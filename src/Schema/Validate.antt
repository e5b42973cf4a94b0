-- ===== src/Schema/Validate.antt =====
-- `Schema::validate_row` of src/schema/mod.rs, and `ValidatedRow`.
use rust_db.Common.{
  ℕ, ◌+◌, ◌≤◌, ◌≡◌, ◌⊎◌, refl, ltb, ◌==◌, if◌then◌else◌, Bool, true, false, not, List, [], ◌∷◌,
  Outcome, ok, err, panic, ◌>>=◌, ◌>>◌, require, length, none, some, bind-ok_inv, arith,
}
use rust_db.Layout.{max_leaf_entry_size, max_internal_entry_size, max_field_len}
use rust_db.Schema.Values.{VarInt, RowValue, ColumnType, column_type}
use rust_db.Schema.Values.Codec.{IsStorable}
use rust_db.Schema.Key.{Key, key_of_value}
use rust_db.Schema.Row.{Row, HasKey, fields_key, key_of, leaf_entry_size, internal_entry_size}
use rust_db.Schema.Columns.{
  Column, Schema, SchemaError, type_mismatch, column_count_mismatch, null_value_in_non_null_col,
  row_too_long, key_too_long, field_too_long, invalid_key,
}

-- The derived `==` on column types.
abbrev pub type_eq : ColumnType → ColumnType → Bool
type_eq ColumnType.integer ColumnType.integer = true
type_eq ColumnType.float ColumnType.float = true
type_eq ColumnType.string ColumnType.string = true
type_eq ColumnType.bool ColumnType.bool = true
type_eq _ _ = false

-- `if let RowValue::String(s) = value && s.len() > MAX_FIELD_LEN`.
check_length : RowValue → Outcome SchemaError (Unit {0})
check_length (RowValue.string s) =
    require (not (ltb max_field_len (length s))) (field_too_long (length s))
check_length _ = ok tt

-- The body of the loop over the columns and their values.
check_value : ℕ → Column → RowValue → Outcome SchemaError (Unit {0})
unfolding check_length
check_value i col value = elim (column_type value) [
  | some c ↦ if type_eq c col.col_type then check_length value else err (type_mismatch i)
  | none ↦ if col.nullable then ok tt else err (null_value_in_non_null_col i)
]

check_values : ℕ → List Column → List RowValue → Outcome SchemaError (Unit {0})
unfolding check_value
check_values i [] values = ok tt
check_values i (c ∷ cs) [] = ok tt
check_values i (c ∷ cs) (x ∷ xs) = check_value i c x >> check_values (i + 1) cs xs

-- `match Key::try_from(&row.fields[0])`: indexing no field at all is a panic.
first_key : List RowValue → Outcome SchemaError Key
first_key [] = panic
first_key (x ∷ xs) = elim (key_of_value x) [ ok k ↦ ok k | err e ↦ err invalid_key | panic ↦ panic ]

module _ ⦃v : VarInt⦄ where
  -- A `ValidatedRow` is the row that passed.
  unfoldable pub validate_row : Schema → Row → Outcome SchemaError Row
  unfolding check_values first_key
  validate_row s row = do
    require (length s.columns == length row.fields) column_count_mismatch
    require (not (ltb max_leaf_entry_size (leaf_entry_size row)))
        (row_too_long (leaf_entry_size row))
    key ← first_key row.fields
    require (not (ltb max_internal_entry_size (internal_entry_size key)))
        (key_too_long (internal_entry_size key))
    check_values 0 s.columns row.fields
    ok row

  -- What the pages rely on: the row has a key, and both fit their limits.
  pub record IsEntry (r : Row) : Type 0 where
    pub keyed : HasKey r (key_of r)
    pub row_fits : leaf_entry_size r ≤ max_leaf_entry_size
    pub key_fits : internal_entry_size (key_of r) ≤ max_internal_entry_size

-- A value that a column takes: of its type, and a text not too long, or a null that is allowed.
abbrev pub Conforms : Column → RowValue → Type 0
Conforms col x =
    ((column_type x ≡ some col.col_type) × IsStorable x)
    ⊎ ((x ≡ RowValue.null) × (col.nullable ≡ true))

abbrev pub ConformAll : List Column → List RowValue → Type 0
ConformAll [] [] = Unit
ConformAll [] (x ∷ xs) = ⊥
ConformAll (c ∷ cs) [] = ⊥
ConformAll (c ∷ cs) (x ∷ xs) = Conforms c x × ConformAll cs xs

type_eq→eq : (a b : ColumnType) → type_eq a b ≡ true → a ≡ b
type_eq→eq a b h = ground arith

type_eq_self : (a : ColumnType) → type_eq a a ≡ true
type_eq_self a = ground arith

check_value-Conforms :
    (i : ℕ) (c : Column) (x : RowValue) → check_value i c x ≡ ok tt → Conforms c x
unfolding check_value
check_value-Conforms i c (RowValue.integer n) e =
    ground (arith, type_eq→eq ColumnType.integer c.col_type)
check_value-Conforms i c (RowValue.float n) e =
    ground (arith, type_eq→eq ColumnType.float c.col_type)
check_value-Conforms i c (RowValue.string n) e =
    ground (arith, type_eq→eq ColumnType.string c.col_type)
check_value-Conforms i c (RowValue.boolean n) e =
    ground (arith, type_eq→eq ColumnType.bool c.col_type)
check_value-Conforms i c RowValue.null e = ground arith

Conforms-check_value :
    (i : ℕ) (c : Column) (x : RowValue) → Conforms c x → check_value i c x ≡ ok tt
unfolding check_value
Conforms-check_value i c (RowValue.integer n) e = ground (arith, type_eq_self c.col_type)
Conforms-check_value i c (RowValue.float n) e = ground (arith, type_eq_self c.col_type)
Conforms-check_value i c (RowValue.string n) e = ground (arith, type_eq_self c.col_type)
Conforms-check_value i c (RowValue.boolean n) e = ground (arith, type_eq_self c.col_type)
Conforms-check_value i c RowValue.null e = ground arith

check_values-ConformAll :
    (i : ℕ) (cs : List Column) (xs : List RowValue)
    → length cs ≡ length xs
    → check_values i cs xs ≡ ok tt
    → ConformAll cs xs
unfolding check_values
check_values-ConformAll i [] [] n e = tt
check_values-ConformAll i [] (x ∷ xs) n e = absurd (omega arith)
check_values-ConformAll i (c ∷ cs) [] n e = absurd (omega arith)
check_values-ConformAll i (c ∷ cs) (x ∷ xs) n e =
    let (u, q, p) = bind-ok_inv (λ _. check_values (i + 1) cs xs) tt (check_value i c x) e in
    (check_value-Conforms i c x p, check_values-ConformAll (i + 1) cs xs (omega arith) q)

ConformAll-check_values :
    (i : ℕ) (cs : List Column) (xs : List RowValue)
    → ConformAll cs xs
    → (length cs ≡ length xs) × (check_values i cs xs ≡ ok tt)
unfolding check_values
ConformAll-check_values i [] [] h = (refl, refl)
ConformAll-check_values i [] (x ∷ xs) h = absurd h
ConformAll-check_values i (c ∷ cs) [] h = absurd h
ConformAll-check_values i (c ∷ cs) (x ∷ xs) h =
    let (n, e) = ConformAll-check_values (i + 1) cs xs h.1 in
    (omega arith, rw (Conforms-check_value i c x h.0) e)

HasKey-first_key :
    (xs : List RowValue) (k : Key) → fields_key xs ≡ some (ok k) → first_key xs ≡ ok k
unfolding first_key fields_key
HasKey-first_key [] k e = cc
HasKey-first_key (x ∷ xs) k e = ground arith

module _ ⦃v : VarInt⦄ where
  -- What each check has established.
  validate_row_checks :
      (s : Schema) (r r' : Row)
      → validate_row s r ≡ ok r'
      → (length s.columns ≡ length r.fields)
        × (leaf_entry_size r ≤ max_leaf_entry_size)
        × HasKey r (key_of r)
        × (internal_entry_size (key_of r) ≤ max_internal_entry_size)
        × (check_values 0 s.columns r.fields ≡ ok tt)
        × (r' ≡ r)
  unfolding validate_row key_of fields_key
  validate_row_checks s r r' e = ground arith

  -- A row that `validate_row` returns is the one it was given, each of its values conforms to its
  -- column, it has a key, and the row and the key are within the size limits of their pages.
  pub validate_row_sound :
      (s : Schema) (r r' : Row)
      → validate_row s r ≡ ok r'
      → (r' ≡ r) × ConformAll s.columns r.fields × IsEntry r
  validate_row_sound s r r' e =
      let (n, size, keyed, room, checked, same) = validate_row_checks s r r' e in
      (
        same,
        check_values-ConformAll 0 s.columns r.fields n checked,
        record { keyed = keyed; row_fits = size; key_fits = room },
      )

  -- A row is accepted by `validate_row` and returned as it is where each of its values conforms
  -- to its column, it has a key, and the row and the key are within the size limits of their
  -- pages.
  pub validate_row_complete :
      (s : Schema) (r : Row) → ConformAll s.columns r.fields → IsEntry r → validate_row s r ≡ ok r
  unfolding validate_row
  validate_row_complete s r c h =
      let (n, e) = ConformAll-check_values 0 s.columns r.fields c in
      let p : (length s.columns == length r.fields) ≡ true = ground arith in
      let q : ltb max_leaf_entry_size (leaf_entry_size r) ≡ false = ground (arith, h.row_fits) in
      let t : ltb max_internal_entry_size (internal_entry_size (key_of r)) ≡ false =
        ground (arith, h.key_fits) in
      rw (p, q, HasKey-first_key r.fields (key_of r) h.keyed, t, e)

* _TASK_: Copy every line from the material in which the word "boolean" can be found.

* _RESPONSE TO THIS TASK_:
check_value-Conforms i c (RowValue.boolean n) e =
Conforms-check_value i c (RowValue.boolean n) e = ground (arith, type_eq_self c.col_type)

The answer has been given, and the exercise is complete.